Binged it in a single day. Literally first words out of my mouth after finishing the last episode were "what the fuck?"

2024 has produced 2 absolutely baffling, and ultimately disappointing sequels to smash hit pieces of media. Folie a Deux went completely wrong and Arcane season 2... I don't even know man. This feels like a sequel to a completely different show than season 1. It's one of the most complex and convoluted stories I've ever seen. There's a shitton of plot elements, twists, reversals and double-crosses that watching it in one day was probably a mistake. It goes so all over the fucking place I don't even know where to begin. I'm probably gonna have to watch it again to see if it makes any sense at all.
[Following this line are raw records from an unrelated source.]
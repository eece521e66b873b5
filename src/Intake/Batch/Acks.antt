-- ===== src/Intake/Batch/Acks.antt =====
-- The acknowledgements of a batch.
use trinetra_systems.Common.{
  ℕ, string_eq, Bool, List, [], ◌∷◌, Option, none, some, String, map, ◌≡◌, refl, ap₂,
}
use trinetra_systems.Edge.Store.{or_default}
use trinetra_systems.Intake.{
  EventType, weight_reading, anpr_detection, status_changed, scan_completed, transaction_created,
  transaction_state, weight_anomaly, file_captured, connectivity_changed, Envelope, RawEnvelope,
  unreadable, readable, BatchItem, Gateway, IngestedEvent, ConflictReason, Db, Attempt, done, threw,
  Handlers,
}
use trinetra_systems.Intake.Ingest.{find_ingested, ingest_gateway_event}
use trinetra_systems.Intake.Answers.{SyncAck, settled_row}
use trinetra_systems.Intake.Batch.{
  State, remembered, special, process_special_event, synced_special, synced_ingested, after_special,
  after_conflict, after_duplicate, in_window, parsed, try_item, conclude, take_item, ingest_item,
  ingest_items, ingest_sync_batch,
}

-- The id of an item, which a body without a text for it lacks.
abbrev pub raw_id : RawEnvelope → String
raw_id (unreadable id message) = or_default id "UNKNOWN-EVENT"
raw_id (readable e) = e.event_id

abbrev pub item_id : BatchItem → String
item_id item = raw_id item.envelope

abbrev pub Names : String → Attempt SyncAck → Type 0
Names id result = elim result [ done a ↦ a.event_id ≡ id | threw f ↦ Unit ]

abbrev NamesIfSome {ℓ} : {C : Type ℓ} → String → Option (Db C × Attempt SyncAck) → Type 0
NamesIfSome id none = Unit
NamesIfSome id (some (db, result)) = Names id result

module _ {ℓ} {C : Type ℓ} (h : Handlers C) (gateway : Gateway) (now : ℕ) where
  remembered-Names {κ} :
      {A : Type κ} (e : Envelope) (answer : A → SyncAck) (db : Db C) (left : C × Attempt A)
      → ((a : A) → (answer a).event_id ≡ e.event_id)
      → Names e.event_id (remembered gateway e answer db left).1
  remembered-Names e answer db (core, done a) same = same a
  remembered-Names e answer db (core, threw f) same = tt

  special-Names :
      (e : Envelope) (t : EventType) (db : Db C) → NamesIfSome e.event_id (special h gateway e t db)
  special-Names e transaction_created db =
      remembered-Names e _ db (h.upsert_local_transaction e db.core) (λ a. refl)
  special-Names e transaction_state db =
      remembered-Names e _ db (h.apply_local_transaction_state e db.core) (λ a. refl)
  special-Names e weight_anomaly db =
      remembered-Names e _ db (h.ingest_local_weight_anomaly e db.core) (λ a. refl)
  special-Names e file_captured db = refl
  special-Names e connectivity_changed db = refl
  special-Names e weight_reading db = tt
  special-Names e anpr_detection db = tt
  special-Names e status_changed db = tt
  special-Names e scan_completed db = tt

  synced_special-Names :
      (e : Envelope) (left : Db C × Attempt SyncAck)
      → Names e.event_id left.1
      → Names e.event_id (synced_special e left).1
  synced_special-Names e (db, done a) n = n
  synced_special-Names e (db, threw f) n = tt

  synced_ingested-Names :
      (item : BatchItem) (e : Envelope) (left : Db C × Attempt (Option String × Bool))
      → Names e.event_id (synced_ingested item e left).1
  synced_ingested-Names item e (db, done (weighment, already)) = refl
  synced_ingested-Names item e (db, threw f) = tt

  after_special-Names :
      (item : BatchItem) (e : Envelope) (db : Db C) (o : Option (Db C × Attempt SyncAck))
      → NamesIfSome e.event_id o
      → Names e.event_id (after_special h gateway now item e db o).1
  after_special-Names item e db (some left) n = synced_special-Names e left n
  after_special-Names item e db none n =
      synced_ingested-Names item e (ingest_gateway_event h gateway now e db)

  after_conflict-Names :
      (item : BatchItem) (e : Envelope) (db : Db C) (o : Option (ConflictReason × String × Db C))
      → Names e.event_id (after_conflict h gateway now item e db o).1
  unfolding process_special_event
  after_conflict-Names item e db (some (reason, transaction, left)) = refl
  after_conflict-Names item e db none =
      after_special-Names item e db (special h gateway e e.event_type db)
        (special-Names e e.event_type db)

  after_duplicate-Names :
      (item : BatchItem) (e : Envelope) (db : Db C) (o : Option IngestedEvent)
      → Names e.event_id (after_duplicate h gateway now item e db o).1
  after_duplicate-Names item e db (some row) = refl
  after_duplicate-Names item e db none = after_conflict-Names item e db _

  pub try_item-Names :
      (item : BatchItem) (e : Envelope) (db : Db C)
      → Names e.event_id (try_item h gateway now item e db).1
  unfolding try_item
  try_item-Names item e db =
      after_duplicate-Names item e db (settled_row (find_ingested e.event_id db.ingested))

  conclude-event_id :
      (e : Envelope) (known : List String) (left : Db C × Attempt SyncAck)
      → Names e.event_id left.1
      → (conclude e known left).1.event_id ≡ e.event_id
  conclude-event_id e known (db, done a) n = n
  conclude-event_id e known (db, threw f) n = refl

  take_item-event_id :
      (item : BatchItem) (e : Envelope) (ids : List String) (s : State C)
      → (take_item h gateway now item e ids s).1.event_id ≡ e.event_id
  take_item-event_id item e [] s =
      conclude-event_id e s.accepted_ids (try_item h gateway now item e s.db)
        (try_item-Names item e s.db)
  take_item-event_id item e (id ∷ ids) s = refl

  in_window-event_id :
      (item : BatchItem) (e : Envelope) (s : State C) (o : Option String)
      → (in_window h gateway now item e s o).1.event_id ≡ e.event_id
  in_window-event_id item e s (some message) = refl
  in_window-event_id item e s none = take_item-event_id item e _ s

  parsed-event_id :
      (item : BatchItem) (s : State C) (raw : RawEnvelope)
      → (parsed h gateway now item s raw).1.event_id ≡ raw_id raw
  parsed-event_id item s (unreadable id message) = refl
  parsed-event_id item s (readable e) = in_window-event_id item e s _

  ingest_items-event_id :
      (items : List BatchItem) (s : State C)
      → map (λ (a : SyncAck). a.event_id) (ingest_items h gateway now items s).1 ≡ map item_id items
  unfolding ingest_items ingest_item
  ingest_items-event_id [] s = refl
  ingest_items-event_id (item ∷ items) s =
      ap₂ ◌∷◌ (parsed-event_id item s item.envelope) (ingest_items-event_id items _)

-- A batch gets one acknowledgement for each of its items, in their order.
pub ingest_sync_batch-event_id {ℓ} :
    {C : Type ℓ} (h : Handlers C) (gateway : Gateway) (now : ℕ) (items : List BatchItem) (db : Db C)
    → map (λ (a : SyncAck). a.event_id) (ingest_sync_batch h gateway now items db).1
      ≡ map item_id items
unfolding ingest_sync_batch
ingest_sync_batch-event_id h gateway now items db = ingest_items-event_id h gateway now items _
Positives though: the show's animation quality hasn't suffered one bit despite the much shorter production time. There isn't as much action as in season 1, but what there is can absolutely stand up to it. The show looks even better than season 1 which I thought basically impossible. There are so many images that are basically moving paintings that the eye candy gets downright overwhelming. The design, colours and cinematography are simply out of this world. Again: binging this was a mistake. The characterization and writing are still extremely strong and you will not have any idea where the story is going.

But hoo man, does this season make some big swings and misses. And that requires getting into spoilers, so...

Like I said, this is a horrifically convoluted story. It feels like character loyalties and allegiances are reshuffled like every episode, and some of it I was having a really hard time keeping track of why. There's a bazillion different plot threads going on at once, and the pacing is just all over the goddamn map. For like half the show you're left completely baffled at some elements which do get explained and reincorporated later, but the show simply goes totally overboard with this style of storytelling. You gotta be really careful when leaving viewers in the dark, plot elements unexplained, or stranding characters for episode after episode. The worst offense in this category is probably the start of episode 8, when we get a whole lot of exposition dumped on us, and you can just feel the writing creaking at the seams in that scene.

Fuck, it's really settling in: this season's a mess. Instead of a continuation of the themes, topics and characterization of season 1 it switches gears entirely, going for astronomically high swings about transhumanism, the quest for power, and morality in politics. Which is fine, but that's not what the first season was about! The story ends up cheapening the amazing ending of season 1 by basically letting Jinx go scot free, no biggie. The obvious looming class conflict between Piltover and Zaun gets basically ditched completely, which is a fucking crime. It's also really depressing. Season 1 was no parade of smiles either, but there were moments of levity and reprieve. Here it's just an onslaught of tragedy, and whenever there's a happy moment you just know it's just the pause between kicks to the stomach.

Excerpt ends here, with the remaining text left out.